Even in the bower the funny feeling would not go away. Funny feelings. There was another one, sort of like the one you get just before a thunderstorm, that something is going to happen, as if every leaf, every flower, every blade of grass is humming with a power that might at any moment burst in release. But it wasn’t a scary feeling, this other one—not like the invisible eyes. It felt safe and comforting.
I was reading poetry from Mr. Yeats’s book, and I must have been far, far away in it, even with all the funny feelings, because I never heard him coming up on me. All of a sudden I heard the crashing of branche
s and leaves and the light was cut off by this big shadow at the entrance to the bower—the huge, horrible, frightening shadow of a man, blocking the way. It was Gabriel, the groundsman’s son. He was standing there in front of me, looking at me. Not a word did he say, not a muscle did he move. He just looked at me, and that was horrible because the way he looked was as if he was saying all the horrible, horrible things I knew he wanted to do to me. I was too scared even to scream, let alone move to get away from him. Everything was spinning in front of me.

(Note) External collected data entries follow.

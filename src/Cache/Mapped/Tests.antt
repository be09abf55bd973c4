-- ===== src/Cache/Mapped/Tests.antt =====
-- The file with one payload, mapped at address 1000 and served, and the witnesses of the theorems on
-- mapped files.
use faster_file_copy.Prelude.{
  ℕ, ◌+◌, ◌≡◌, refl, true, false, none, some, [], ◌∷◌, length, All, arith,
}
use faster_file_copy.Cache.State.{find}
use faster_file_copy.Cache.Sample.{empty_cache, state, settings}
use faster_file_copy.Cache.Lookup.{lookup}
use faster_file_copy.Cache.Flush.{OlWork, OlResult, is_stale, finish}
use faster_file_copy.Cache.Commit.{PreparedPending}
use faster_file_copy.Cache.Commit.Effect.{payloads}
use faster_file_copy.Cache.Commit.Content.{begin}
use faster_file_copy.Cache.Commit.Sample.{
  archive, old, old_file, old-Storable, old-Represents, old_size,
}
use faster_file_copy.Cache.Mapped.{map_committed_file}
use faster_file_copy.Cache.Mapped.Serves.{Mapping, mapped_at, map_committed_file-Mapping}
use faster_file_copy.Cache.Mapped.Inside.{Contained, map_committed_file-Contained}
use faster_file_copy.Cache.Mapped.Reader.{Delivers, read_mapping}
use faster_file_copy.Cache.Mapped.Served.{committed_served}

exact : begin archive + length (payloads old) ≡ length old_file
exact = omega (arith, old_size)

found :
    (r : OlResult) × (map_committed_file 2 (mapped_at 1000) old_file archive [] ≡ some r)
    × Mapping 2 1000 old_file [] old r
found = map_committed_file-Mapping 2 1000 [] archive old old_file old-Storable old-Represents exact

map_committed_file-Contained_example :
    (base : ℕ) × (mapped_at 1000 ≡ mapped_at base) × Contained base old_file archive found.0
map_committed_file-Contained_example =
    map_committed_file-Contained 2 (mapped_at 1000) archive [] old_file found.0
      (omega (arith, old_size)) found.1

-- The work that wrote a file of its own.
abbrev item : OlWork
item = record {
  archive = 7;
  base_path = 9;
  reset_file = true;
  source_view = none;
  pending = record { start_offset = 5; accounted_bytes = 107; payload = 1 ∷ 2 ∷ 3 ∷ [] } ∷ [];
}

cached : find state.caches 7 ≡ some empty_cache
unfolding find
cached = refl

current : is_stale item empty_cache ≡ false
unfolding is_stale
current = refl

committed_served_example :
    All
      (λ (p : PreparedPending).
        Delivers
          (read_mapping 1000 old_file)
          2
          (lookup settings
            (read_mapping 1000 old_file)
            60
            7
            p.start_offset
            (finish true item (map_committed_file 2 (mapped_at 1000) old_file archive []) state)).0
          p.payload)
      old
committed_served_example =
    committed_served settings 60 2 1000 [] true item state empty_cache archive old old_file cached
      current refl old-Storable old-Represents exact
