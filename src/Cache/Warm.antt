-- ===== src/Cache/Warm.antt =====
-- Skyrim/src/DecompCache.cpp: TouchMappedPages, and the loop of the warm pass that makes one mapping
-- resident. A read of a mapping succeeds or faults, which is a parameter.
pub mod Touch
pub mod Pass
pub mod Served
mod Tests
use faster_file_copy.Prelude.{
  ℕ, zero, suc, ◌+◌, ◌-◌, ◌*◌, ◌%◌, min, Bool, true, false, ◌&&◌, ◌||◌, Option, none, some, List,
  [], ◌∷◌, ◌++◌, ltb, leb, ◌==◌, if◌then◌else◌,
}
use faster_file_copy.Prelude.Words.{add64}
use faster_file_copy.Cache.State.{MappedView, DecompCache, Settings, update_view, request_warmup}
use faster_file_copy.Cache.Lookup.{report_mapping_io_failure}

abbrev pub before : ℕ → Option (List ℕ) → Option (List ℕ)
before offset none = none
before offset (some l) = some (offset ∷ l)

-- The offsets that the for loop reads; `none` when the fuel is spent.
unfoldable pub touch_loop : ℕ → ℕ → ℕ → ℕ → Option (List ℕ)
touch_loop page_size end zero offset = none
touch_loop page_size end (suc fuel) offset =
    let rest = touch_loop page_size end fuel (add64 offset page_size) in
    if leb end offset
    then some []
    else if leb (end - offset) page_size
    then some (offset ∷ [])
    else before offset rest

unfoldable pub advance : ℕ → ℕ → ℕ
advance page_size begin =
    let misalignment = begin % page_size in
    if misalignment == 0 then page_size else page_size - misalignment

abbrev pub around : ℕ → ℕ → Option (List ℕ) → Option (List ℕ)
around first last none = none
around first last (some l) = some (first ∷ (l ++ last ∷ []))

-- All offsets that are read, with the bytes of the range as fuel.
unfoldable pub touched_offsets : ℕ → ℕ → ℕ → Option (List ℕ)
unfolding touch_loop advance
touched_offsets page_size begin end =
    if leb end begin || page_size == 0
    then some []
    else around begin (end - 1) (
        if ltb (advance page_size begin) (end - begin)
        then touch_loop page_size end (end - begin) (add64 begin (advance page_size begin))
        else some [])

abbrev pub all_readable : (ℕ → Bool) → List ℕ → Bool
all_readable readable [] = true
all_readable readable (o ∷ l) = readable o && all_readable readable l

abbrev pub outcome : (ℕ → Bool) → Option (List ℕ) → Option Bool
outcome readable none = none
outcome readable (some l) = some (all_readable readable l)

-- With a base that is not null.
unfoldable pub touch_mapped_pages : (ℕ → Bool) → ℕ → ℕ → ℕ → Option Bool
unfolding touched_offsets
touch_mapped_pages readable begin end page_size =
    outcome readable (touched_offsets page_size begin end)

abbrev pub warm_chunk_bytes : ℕ
warm_chunk_bytes = 8 * 1024 * 1024

-- What a round of the loop finds when it looks.
pub record Round : Type 0 where
  pub stop_requested : Bool
  pub load_active : Bool
  pub flush_requested : Bool
  pub epoch_changed : Bool

-- How the loop over a mapping ends; `unfinished` is for fuel that is spent.
pub data WarmOutcome : Type 0 where
  warmed interrupted io_failure unfinished : WarmOutcome

-- The stores behind a chunk that could be read.
unfoldable pub advance_view : ℕ → ℕ → ℕ → DecompCache → DecompCache
advance_view view cursor warmed_bytes s = record s {
  warmed_bytes = warmed_bytes;
  views = update_view s.views view (record (s.views view) { prefaulted_through = cursor });
}

module _ (cfg : Settings) (rounds : ℕ → Round) (readable : ℕ → Bool)
    (page_size previously_warmed view committed : ℕ) where
  -- while (cursor < committed), from round i on, with the bytes that the pass has touched so far.
  unfoldable pub warm_rounds : ℕ → ℕ → ℕ → ℕ → DecompCache → WarmOutcome × ℕ × DecompCache
  unfolding touch_mapped_pages advance_view request_warmup report_mapping_io_failure
  warm_rounds zero i cursor touched s = (unfinished, touched, s)
  warm_rounds (suc fuel) i cursor touched s =
      let chunk = min warm_chunk_bytes (committed - cursor) in
      let rest =
        warm_rounds fuel (i + 1) (cursor + chunk) (touched + chunk)
          (advance_view view (cursor + chunk) (previously_warmed + (touched + chunk)) s) in
      if leb committed cursor
      then (warmed, touched, s)
      else if (rounds i).stop_requested
      then (interrupted, touched, s)
      else if (rounds i).load_active || (rounds i).flush_requested || (rounds i).epoch_changed
      then (interrupted, touched, request_warmup cfg s)
      else elim (touch_mapped_pages readable cursor (cursor + chunk) page_size) [
        | none ↦ (unfinished, touched, s)
        | some answer ↦
            if answer
            then rest
            else (io_failure, touched, report_mapping_io_failure cfg (some view) s)
      ]

-- The rounds for one mapping, with the bytes that are left as fuel.
unfoldable pub warm_view :
    Settings
    → (ℕ → Round)
    → (ℕ → Bool)
    → ℕ
    → ℕ
    → ℕ
    → ℕ
    → DecompCache
    → WarmOutcome × ℕ × DecompCache
unfolding warm_rounds
warm_view cfg rounds readable page_size previously_warmed view touched s =
    let committed = min (s.views view).committed_size (s.views view).size in
    let cursor = min (s.views view).prefaulted_through committed in
    warm_rounds cfg rounds readable page_size previously_warmed view committed
      (committed - cursor + 1) 0 cursor touched s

And then there was a sound, just like a bee buzzing against my cheek. I felt a tiny puff of air, as if stirred by an insect’s wings, and there was an arrow between his feet. Right between his feet, an arrow, out of nowhere. Then it was as if he had seen the most awful thing he could imagine. I have never seen such a look of shock and horror ever before. I have never seen anyone run as fast as he ran away, shrieking and screaming and wailing.

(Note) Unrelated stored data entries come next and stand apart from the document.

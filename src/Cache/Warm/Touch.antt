-- ===== src/Cache/Warm/Touch.antt =====
-- TouchMappedPages in Skyrim/src/DecompCache.cpp: which offsets of a mapping are read.
use faster_file_copy.Prelude.{
  ℕ, zero, suc, ◌+◌, ◌-◌, ◌*◌, ◌/◌, ◌%◌, ◌≤◌, ◌<◌, ◌≡◌, ◌⊎◌, inl, inr, refl, sym, ap, ◌∙◌, Bool,
  true, false, ◌||◌, Option, some, List, [], ◌∷◌, ◌++◌, ltb, leb, ◌==◌, All, arith, Bool-cases,
  u64_max,
}
use native.Mathlib.Nat.{suc-mul, mul-mod_left, div-add-mod', mod-lt, div-eq_of_lt-le, add-mod_right}
use faster_file_copy.Prelude.Words.{add64}
use faster_file_copy.Cache.Warm.{
  touch_loop, advance, touched_offsets, all_readable, touch_mapped_pages,
}

-- An offset on the page of `x` is in the list.
abbrev pub Covered : ℕ → List ℕ → ℕ → Type 0
Covered page_size [] x = ⊥
Covered page_size (o ∷ l) x = (o / page_size ≡ x / page_size) ⊎ Covered page_size l x

-- From an offset to the end of its page.
same_page :
    (page_size offset x : ℕ)
    → 0 < page_size
    → offset ≤ x
    → x + offset % page_size < offset + page_size
    → offset / page_size ≡ x / page_size
same_page page_size offset x some_size low high =
    let whole = div-add-mod' offset page_size in
    let q = offset / page_size in
    let below : q * page_size ≤ x = omega (arith, whole, low) in
    let above : x < (q + 1) * page_size =
      (let next : (q + 1) * page_size ≡ q * page_size + page_size =
          (let e : q + 1 ≡ suc q = omega arith in ap (λ n. n * page_size) e)
          ∙ suc-mul q page_size in
        omega (arith, whole, high, next)) in
    sym (div-eq_of_lt-le page_size below above)

Covered-snoc :
    (page_size : ℕ) (l : List ℕ) (o x : ℕ)
    → Covered page_size l x
    → Covered page_size (l ++ o ∷ []) x
Covered-snoc page_size [] o x c = absurd c
Covered-snoc page_size (p ∷ l) o x (inl here) = inl here
Covered-snoc page_size (p ∷ l) o x (inr there) = inr (Covered-snoc page_size l o x there)

-- The reads from one offset to another: all inside, and one on every page.
pub record Touches (page_size end offset : ℕ) (r : Option (List ℕ)) : Type 0 where
  pub offsets : List ℕ
  pub ended : r ≡ some offsets
  pub within : All (λ o. (offset ≤ o) × (o < end)) offsets
  pub covers : (x : ℕ) → offset ≤ x → x < end → Covered page_size offsets x

weaken :
    (a b end : ℕ) (l : List ℕ)
    → a ≤ b
    → All (λ o. (b ≤ o) × (o < end)) l
    → All (λ o. (a ≤ o) × (o < end)) l
weaken a b end [] h w = tt
weaken a b end (o ∷ l) h w =
    (((let x = w.0.0 in omega (arith, h, x)), w.0.1), weaken a b end l h w.1)

touch_loop-Touches :
    (page_size end fuel offset : ℕ)
    → 0 < page_size
    → end ≤ u64_max
    → offset % page_size ≡ 0
    → offset < end
    → end < offset + fuel
    → Touches page_size end offset (touch_loop page_size end fuel offset)
unfolding touch_loop
touch_loop-Touches page_size end zero offset some_size fits aligned inside enough =
    absurd (omega (arith, inside, enough))
touch_loop-Touches page_size end (suc fuel) offset some_size fits aligned inside enough =
    let going : leb end offset ≡ false = ground (arith, inside) in
    elim (Bool-cases (leb (end - offset) page_size)) [
      | inl last ↦
          let near : end ≤ offset + page_size = ground (arith, last) in
          rw (going, last)
            record {
              offsets = offset ∷ [];
              ended = refl;
              within = (((omega arith), inside), tt);
              covers = λ x low high.
                  inl (
                    same_page page_size offset x some_size low
                      (omega (arith, aligned, near, high)));
            }
      | inr more ↦
          let far : offset + page_size < end = ground (arith, more, inside) in
          let sum : add64 offset page_size ≡ offset + page_size = ground (arith, far, fits) in
          let rest =
            touch_loop-Touches page_size end fuel (offset + page_size) some_size fits
              (add-mod_right offset page_size ∙ aligned) far (omega (arith, enough, some_size)) in
          rw (going, more, sum, rest.ended)
            record {
              offsets = offset ∷ rest.offsets;
              ended = refl;
              within = (
                ((omega arith), inside),
                weaken offset (offset + page_size) end rest.offsets (omega arith) rest.within,
              );
              covers = λ x low high. elim (Bool-cases (ltb x (offset + page_size))) [
                | inl here ↦
                    let near : x < offset + page_size = ground (arith, here) in
                    inl (same_page page_size offset x some_size low (omega (arith, aligned, near)))
                | inr there ↦ inr (rest.covers x (ground (arith, there)) high)
              ];
            }
    ]

advance_lem :
    (page_size begin : ℕ) → 0 < page_size → advance page_size begin + begin % page_size ≡ page_size
unfolding advance
advance_lem page_size begin some_size =
    let small : begin % page_size < page_size = mod-lt begin some_size in
    elim (Bool-cases (begin % page_size == 0)) [
      | inl aligned ↦ rw aligned (ground (arith, aligned))
      | inr inside ↦ rw inside (omega (arith, small))
    ]

-- The next page begins there.
advance-aligned :
    (page_size begin : ℕ) → 0 < page_size → (begin + advance page_size begin) % page_size ≡ 0
advance-aligned page_size begin some_size =
    let step = advance_lem page_size begin some_size in
    let whole = div-add-mod' begin page_size in
    let q = begin / page_size in
    let next : (q + 1) * page_size ≡ q * page_size + page_size =
      (let e : q + 1 ≡ suc q = omega arith in ap (λ n. n * page_size) e) ∙ suc-mul q page_size in
    let sum : begin + advance page_size begin ≡ (q + 1) * page_size =
      omega (arith, step, whole, next) in
    ap (λ n. n % page_size) sum ∙ mul-mod_left (q + 1) page_size

within-snoc :
    (begin end : ℕ) (l : List ℕ) (last : ℕ)
    → All (λ o. (begin ≤ o) × (o < end)) l
    → begin ≤ last
    → last < end
    → All (λ o. (begin ≤ o) × (o < end)) (l ++ last ∷ [])
within-snoc begin end [] last h low high = ((low, high), tt)
within-snoc begin end (o ∷ l) last h low high = (h.0, within-snoc begin end l last h.1 low high)

-- TouchMappedPages ends, for a range that is not empty and pages of at least one byte; all bytes that it
-- reads lie in the range, and for every byte of the range it reads one on the same page.
pub touched_offsets-Touches :
    (page_size begin end : ℕ)
    → begin < end
    → 0 < page_size
    → end ≤ u64_max
    → Touches page_size end begin (touched_offsets page_size begin end)
unfolding touched_offsets
touched_offsets-Touches page_size begin end some_byte some_size fits =
    let starts : (leb end begin || page_size == 0) ≡ false = ground (arith, some_byte, some_size) in
    let step = advance_lem page_size begin some_size in
    let small = mod-lt begin some_size in
    elim (Bool-cases (ltb (advance page_size begin) (end - begin))) [
      | inr one_page ↦
          let near : end ≤ begin + advance page_size begin = ground (arith, one_page, some_byte) in
          rw (starts, one_page)
            record {
              offsets = begin ∷ (end - 1) ∷ [];
              ended = refl;
              within = (
                (omega arith, some_byte),
                ((omega (arith, some_byte), omega (arith, some_byte)), tt),
              );
              covers = λ x low high.
                  inl (same_page page_size begin x some_size low (omega (arith, high, near, step)));
            }
      | inl more ↦
          let inside : begin + advance page_size begin < end = ground (arith, more) in
          let sum : add64 begin (advance page_size begin) ≡ begin + advance page_size begin =
            ground (arith, inside, fits) in
          let rest =
            touch_loop-Touches page_size end (end - begin) (begin + advance page_size begin)
              some_size fits (advance-aligned page_size begin some_size) inside
              (omega (arith, step, small, some_byte)) in
          rw (starts, more, sum, rest.ended)
            record {
              offsets = begin ∷ (rest.offsets ++ (end - 1) ∷ []);
              ended = refl;
              within = (
                (omega arith, some_byte),
                within-snoc begin end rest.offsets (end - 1)
                    (weaken begin (begin + advance page_size begin) end rest.offsets (omega arith)
                      rest.within)
                    (omega (arith, some_byte)) (omega (arith, some_byte)),
              );
              covers = λ x low high. elim (Bool-cases (ltb x (begin + advance page_size begin))) [
                | inl here ↦
                    let near : x < begin + advance page_size begin = ground (arith, here) in
                    inl (same_page page_size begin x some_size low (omega (arith, near, step)))
                | inr there ↦ inr (
                    Covered-snoc page_size rest.offsets (end - 1) x
                      (rest.covers x (ground (arith, there)) high))
              ];
            }
    ]

-- A page of which a byte can be read.
abbrev pub Resident : (ℕ → Bool) → ℕ → ℕ → Type 0
Resident readable page_size x = (o : ℕ) × (readable o ≡ true) × (o / page_size ≡ x / page_size)

Covered-Resident :
    (readable : ℕ → Bool) (page_size : ℕ) (l : List ℕ) (x : ℕ)
    → all_readable readable l ≡ true
    → Covered page_size l x
    → Resident readable page_size x
Covered-Resident readable page_size [] x h c = absurd c
Covered-Resident readable page_size (o ∷ l) x h (inl here) = (o, ground arith, here)
Covered-Resident readable page_size (o ∷ l) x h (inr there) =
    Covered-Resident readable page_size l x (ground arith) there

-- It has an answer, and a positive one only if every page of the range could be read.
pub touch_mapped_pages-Resident :
    (readable : ℕ → Bool) (begin end page_size : ℕ)
    → begin < end
    → 0 < page_size
    → end ≤ u64_max
    → (answer : Bool) × (touch_mapped_pages readable begin end page_size ≡ some answer)
      × (answer ≡ true → (x : ℕ) → begin ≤ x → x < end → Resident readable page_size x)
unfolding touch_mapped_pages
touch_mapped_pages-Resident readable begin end page_size some_byte some_size fits =
    let t = touched_offsets-Touches page_size begin end some_byte some_size fits in
    rw (t.ended) (
      all_readable readable t.offsets,
      refl,
      λ good x low high. Covered-Resident readable page_size t.offsets x good (t.covers x low high),
    )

I looked behind me and still I cannot quite believe, dear diary, what I saw. Standing there was a fair-haired man with a small harp. He had little rags tied all over him—in his hair, in his beard, to his clothes, to his arms, his legs, his toes, his fingers. Even his little harp had coloured rags tied to the tops of its strings. He was blind—I could see that at once. He had no eyes. He had never had eyes. Where eyes should have been, there was smooth skin growing over empty sockets.

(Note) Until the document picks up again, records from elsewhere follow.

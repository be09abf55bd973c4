-- ===== src/Cache/Warm/Pass.antt =====
-- WarmMappedCaches in Skyrim/src/DecompCache.cpp: the loop over one mapping.
use faster_file_copy.Prelude.{
  ℕ, zero, suc, ◌+◌, ◌-◌, ◌≤◌, ◌<◌, ◌≡◌, ◌≢◌, inl, inr, refl, ap, ◌∙◌, Bool, true, not, ◌||◌, some,
  min, ltb, leb, ◌==◌, arith, Bool-cases, u64_max,
}
use faster_file_copy.Cache.State.{MappedView, DecompCache, Settings, update_view, request_warmup}
use faster_file_copy.Cache.Lookup.{report_mapping_io_failure, invalidate_owner}
use faster_file_copy.Cache.Lookup.Marks.{invalidate-kept}
use faster_file_copy.Cache.Warm.{
  Round, WarmOutcome, warmed, interrupted, io_failure, unfinished, warm_chunk_bytes, advance_view,
  warm_rounds, warm_view,
}
use faster_file_copy.Cache.Warm.Touch.{Resident, touch_mapped_pages-Resident}

request_warmup-views : (cfg : Settings) (s : DecompCache) → (request_warmup cfg s).views ≡ s.views
unfolding request_warmup
request_warmup-views cfg s = elim (Bool-cases cfg.prefault_decomp_cache) [
  | inl on ↦ rw on refl
  | inr off ↦ rw off refl
]

report-prefaulted :
    (cfg : Settings) (v : ℕ) (s : DecompCache)
    → ((report_mapping_io_failure cfg (some v) s).views v).prefaulted_through
      ≡ (s.views v).prefaulted_through
unfolding report_mapping_io_failure update_view
report-prefaulted cfg v s =
    let itself : (v == v) ≡ true = ground arith in
    let r = invalidate_owner v s.caches in
    let reported = record s {
      caches = r.1;
      views = update_view s.views v (record (s.views v) { unusable = true });
    } in
    ap (λ (w : ℕ → MappedView). (w v).prefaulted_through)
      ((invalidate-kept cfg (not r.0) reported).1)
    ∙ rw itself refl

advance_view-prefaulted :
    (view cursor bytes : ℕ) (s : DecompCache)
    → ((advance_view view cursor bytes s).views view).prefaulted_through ≡ cursor
unfolding advance_view update_view
advance_view-prefaulted view cursor bytes s =
    let itself : (view == view) ≡ true = ground arith in rw itself refl

-- What the mapping counts as prefaulted could be read, page by page.
abbrev pub PrefaultedResident : (ℕ → Bool) → ℕ → ℕ → DecompCache → Type 0
PrefaultedResident readable page_size view s =
    (x : ℕ) → x < (s.views view).prefaulted_through → Resident readable page_size x

module _ (cfg : Settings) (rounds : ℕ → Round) (readable : ℕ → Bool)
    (page_size previously_warmed view committed : ℕ) (some_size : 0 < page_size)
    (fits : committed ≤ u64_max) where
  abbrev Warm : DecompCache → Type 0
  Warm = PrefaultedResident readable page_size view

  record Ends (r : WarmOutcome × ℕ × DecompCache) : Type 0 where
    finite : r.0 ≢ unfinished
    warm : Warm r.2
    complete : r.0 ≡ warmed → committed ≤ (r.2.views view).prefaulted_through

  -- An interruption.
  gives_up : (t : DecompCache) → Warm t → (touched : ℕ) → Ends (interrupted, touched, t)
  gives_up t w touched = record {
    finite = λ e. absurd (cc (e));
    warm = w;
    complete = λ e. absurd (cc (e));
  }

  fails :
      (t : DecompCache)
      → Warm t
      → (touched : ℕ) → Ends (io_failure, touched, report_mapping_io_failure cfg (some view) t)
  fails t w touched = record {
    finite = λ e. absurd (cc (e));
    warm = rw (report-prefaulted cfg view t) w;
    complete = λ e. absurd (cc (e));
  }

  -- A chunk more is resident.
  advance-Warm :
      (cursor chunk touched : ℕ) (s : DecompCache)
      → cursor ≤ (s.views view).prefaulted_through
      → Warm s
      → ((x : ℕ) → cursor ≤ x → x < cursor + chunk → Resident readable page_size x)
      → Warm (advance_view view (cursor + chunk) touched s)
  unfolding advance_view update_view
  advance-Warm cursor chunk touched s reached w good x h =
      let itself : (view == view) ≡ true = ground arith in
      let below = rw itself at h in
      elim (Bool-cases (ltb x cursor)) [
        | inl old ↦ (let o : x < cursor = ground (arith, old) in w x (omega (arith, o, reached)))
        | inr new ↦ good x (ground (arith, new)) below
      ]

  warm_rounds-Ends :
      (fuel i cursor touched : ℕ) (s : DecompCache)
      → committed < cursor + fuel
      → cursor ≤ (s.views view).prefaulted_through
      → cursor ≤ committed
      → Warm s
      → Ends (
          warm_rounds cfg rounds readable page_size previously_warmed view committed fuel i cursor
            touched s)
  unfolding warm_rounds
  warm_rounds-Ends zero i cursor touched s enough reached inside w =
      absurd (omega (arith, enough, inside))
  warm_rounds-Ends (suc fuel) i cursor touched s enough reached inside w =
      elim (Bool-cases (leb committed cursor)) [
        | inl done ↦ rw done record {
          finite = λ e. absurd (cc (e));
          warm = w;
          complete = λ e.
              (let all : committed ≤ cursor = ground (arith, done) in omega (arith, all, reached));
        }
        | inr more ↦ elim (Bool-cases (rounds i).stop_requested) [
          | inl stop ↦ rw (more, stop) (gives_up s w touched)
          | inr runs ↦
              elim (Bool-cases (
                (rounds i).load_active || (rounds i).flush_requested || (rounds i).epoch_changed)) [
                  | inl busy ↦
                      rw (more, runs, busy)
                        (gives_up (request_warmup cfg s) (rw (request_warmup-views cfg s) w)
                          touched)
                  | inr idle ↦
                      let chunk = min warm_chunk_bytes (committed - cursor) in
                      let left : cursor < committed = ground (arith, more) in
                      let (answer, is, good) =
                        touch_mapped_pages-Resident readable cursor (cursor + chunk) page_size
                          (omega (arith, left)) some_size (omega (arith, left, fits)) in
                      rw (more, runs, idle, is)
                        (elim (Bool-cases answer) [
                          | inl read ↦
                              let next =
                                advance_view view (cursor + chunk)
                                  (previously_warmed + (touched + chunk)) s in
                              let at =
                                advance_view-prefaulted view (cursor + chunk)
                                  (previously_warmed + (touched + chunk)) s in
                              rw read (
                                warm_rounds-Ends fuel (i + 1) (cursor + chunk) (touched + chunk)
                                  next (omega (arith, left, enough)) (omega (arith, at))
                                  (omega (arith, left))
                                  (advance-Warm cursor chunk (previously_warmed + (touched + chunk))
                                    s reached w (good read)))
                          | inr fault ↦ rw fault (fails s w touched)
                        ])
                ]
        ]
      ]

-- A committed size of less than 2 ^ 64 and pages of at least one byte given, the loop of the warm pass
-- over a mapping ends, whatever its rounds find; if every page up to the prefaulted mark could be read
-- before it, then so it is afterwards; and when it ends undisturbed, the mark covers all that is committed.
pub warm_view_ends :
    (cfg : Settings) (rounds : ℕ → Round) (readable : ℕ → Bool)
    (page_size previously_warmed view touched : ℕ) (s : DecompCache)
    → 0 < page_size
    → (s.views view).committed_size ≤ u64_max
    → PrefaultedResident readable page_size view s
    → let (outcome, bytes, t) =
        warm_view cfg rounds readable page_size previously_warmed view touched s in
      (outcome ≢ unfinished)
      × PrefaultedResident readable page_size view t
      × (outcome ≡ warmed
          → min (s.views view).committed_size (s.views view).size
            ≤ (t.views view).prefaulted_through)
unfolding warm_view
warm_view_ends cfg rounds readable page_size previously_warmed view touched s some_size fits warm =
    let committed = min (s.views view).committed_size (s.views view).size in
    let cursor = min (s.views view).prefaulted_through committed in
    let ends =
      warm_rounds-Ends cfg rounds readable page_size previously_warmed view committed some_size
        (omega (arith, fits)) (committed - cursor + 1) 0 cursor touched s (omega arith)
        (omega arith) (omega arith) warm in
    (ends.finite, ends.warm, ends.complete)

Beside him was a red-haired woman dressed in a sort of harness made out of leather straps. She carried a huge bow as tall as she was, which was not very tall, smaller even than I am, and the wood of that bow was marvellously painted with spirals and twisted, twining animals. At her waist she wore a quiver of arrows.
I stared so long, diary—I just could not believe what I was seeing. Then, without a word, the blind man and the woman turned and walked away, back out of the bower, up into the woods, and I heard the song of the ragman’s harp drifting on the still evening air.
As I have written, it all seems now like a dream, or a nightmare. I just don’t know which is more disturbing—if it was real, or if it was a dream?
Dr. Edward Garret Desmond’s Personal Diary: May 28, 1913
WORK IS PROCEEDING APACE on the signalling device. The labourers are addressing themselves to their tasks with an enthusiasm I would like to attribute to a desire to communicate with higher intelligences but I think is rather due to Lord Fitzgerald’s generous purse; the little I have managed to scrape together from the estate is paltry in the extreme compared to the Clarenorris fortunes.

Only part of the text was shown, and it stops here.